Christopher Gray's "Streetscapes" Column (NY Times)

Any other New Yorkers (orTimes readers) read this on Sundays? I am a huge fan—been clipping and saving them since it started 20-some years ago. It’s a half-page column in the Sunday Times, profiling a building or street from the city’s past: shows an old photo of it and a recent one (or a photo of what’s there now), with some sprightly history (OK, so I think history can be “sprightly”).

I’m a little ticked-off, because Abrams Press just came out with a collection of 190 Streetscapes columns, which I rushed out and bought ($35), and the book only shows old photos of the buildings, not recent ones. So I am bringing in my hundreds of tattered old newspaper clips and photocopying them a few at a time to save.
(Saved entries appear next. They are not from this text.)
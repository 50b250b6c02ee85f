-- ===== src/Net/Server/Accepts.antt =====
-- Which connections are served, and at which address.
use golang_tools.Base.{
  Option, ◌≡◌, refl, ap, sym, subst, ◌⊎◌, inl, inr, List, [], ◌∷◌, ◌++◌, All, none, some,
}
use golang_tools.Base.Run.{done}
use golang_tools.Base.Texts.{Text}
use golang_tools.Net.Server.{
  Served, Accepted, connection, error, crashed, waiting, with_served, accept_loop, Protocols,
  Server, tcp_server, http_server, tcp_name, http_name, set_addr_tcp, set_addr_http, init_server,
}

module _ {C : Type 0} where
  -- The connections among what Accept returns.
  abbrev pub connections : List (Accepted C) → List C
  connections [] = []
  connections (connection c ∷ more) = c ∷ connections more
  connections (error o ∷ more) = connections more

  -- A panic at the first connection.
  abbrev pub unless_any : List C → Served C
  unless_any [] = waiting []
  unless_any (c ∷ cs) = crashed []

  -- No nil connection.
  abbrev pub IsThere : Accepted C → Type 0
  IsThere (connection c) = Unit
  IsThere (error none) = ⊥
  IsThere (error (some c)) = Unit

  -- With a NewSessionFunc: as long as Accept returns no nil connection, Run of Tcp serves every connection
  -- once, in the order in which they come, and waits for the next; with the first nil connection it panics,
  -- and what comes later is not served. Without one it panics at the first connection, or waits if there is
  -- none.
  pub accept_loop-connections :
      {F : Type 0} (f : F) (accepts later : List (Accepted C))
      → All IsThere accepts
      → (accept_loop (some f) accepts ≡ waiting (connections accepts))
        × (accept_loop (some f) (accepts ++ (error none ∷ later)) ≡ crashed (connections accepts))
        × (accept_loop {F = F} none accepts ≡ unless_any (connections accepts))
  unfolding accept_loop
  accept_loop-connections f [] later h = (refl, refl, refl)
  accept_loop-connections f (connection c ∷ more) later (there, h) =
      let (on, off, without) = accept_loop-connections f more later h in
      (ap (with_served c) on, ap (with_served c) off, refl)
  accept_loop-connections f (error none ∷ more) later (there, h) = absurd there
  accept_loop-connections f (error (some c) ∷ more) later (there, h) =
      accept_loop-connections f more later h

-- The server that InitServer returned, as it is after a call with these arguments.
abbrev pub IsSetUp : {F : Type 0} → Server → Text → Text → Option F → Protocols F → Type 0
IsSetUp tcp_server addr protocol f ps =
    (ps.tcp.addr ≡ addr) × (ps.tcp.protocol ≡ protocol) × (ps.tcp.new_session_func ≡ f)
IsSetUp http_server addr protocol f ps =
    (ps.http.addr ≡ addr)
    × (ps.http.protocol ≡ protocol)
    × (ps.http.new_session_func ≡ f)
    × (ps.http.routes ≡ some [])

module _ {F : Type 0} where
  -- What two calls of InitServer with one protocol leave.
  abbrev pub IsShared : Text → Text → Text → Option F → Option F → Protocols F → Type 0
  IsShared addr addr' protocol f g ps =
      (qs : Protocols F) × (rs : Protocols F) × (s : Server) × (init_server addr protocol f ps
        ≡ done qs s)
      × IsSetUp s addr protocol f qs
      × (init_server addr' protocol g qs ≡ done rs s)
      × IsSetUp s addr' protocol g rs

  -- Two servers of one protocol are one: a second call of InitServer with the same protocol returns the server
  -- that the first call returned, and that one has the address, the protocol and the function for sessions of
  -- the second call then, and for http an engine without routes.
  pub init_server-IsShared :
      (addr addr' protocol : Text) (f g : Option F) (ps : Protocols F)
      → ((protocol ≡ tcp_name) ⊎ (protocol ≡ http_name))
      → IsShared addr addr' protocol f g ps
  unfolding init_server set_addr_tcp set_addr_http
  init_server-IsShared addr addr' protocol f g ps (inl e) =
      subst (λ p. IsShared addr addr' p f g ps) (sym e)
        (_, _, tcp_server, refl, (refl, refl, refl), refl, (refl, refl, refl))
  init_server-IsShared addr addr' protocol f g ps (inr e) =
      subst (λ p. IsShared addr addr' p f g ps) (sym e)
        (_, _, http_server, refl, (refl, refl, refl, refl), refl, (refl, refl, refl, refl))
Do any of your newspapers have good local-history columns?

I was wondering what the heck you were talking about last Sunday.

I have never seen this column, and I’ve been reading the Sunday Times since 1978…where does it run? The “City” section? Or do they bury it somewhere in the back of one of the parts that finds its way into the corner trash can on the walk back from the newsstand, like “Sports” or “Automobiles” ?

Omigod, you of all people have been missing this treasure? It’s in the Sunday Real Estate section, usually on page 7. Near “If You’re Thinking of Living In . . . [Weehawken or Hoboken or Ho-ho-kus or wherever].”

The Free-Lance Star in Fredericksburg has a great local history column in every Saturday’s insert. “Flashback” includes an old photograph of something of local interest and an indentification of those in the photograph. I submitted a picture of my grandfather and his first wife and their children taken on the day the Titanic sank. It got a nice little write up, and my aunt (who is damn near 100) called me up to tell me that “ladies don’t like to have their pictures in the newspaper.” I dutifully apologized.

Another photo that I recall was of a meeting of Civil War veterans (the Battle of Fredericksburg was one of the most lopsided Confederate victories of the war) who are all grizzled old men at this point. The picture was taken in the mid-1920s, IIRC, and clearly visible behind the men are several marijuana plants.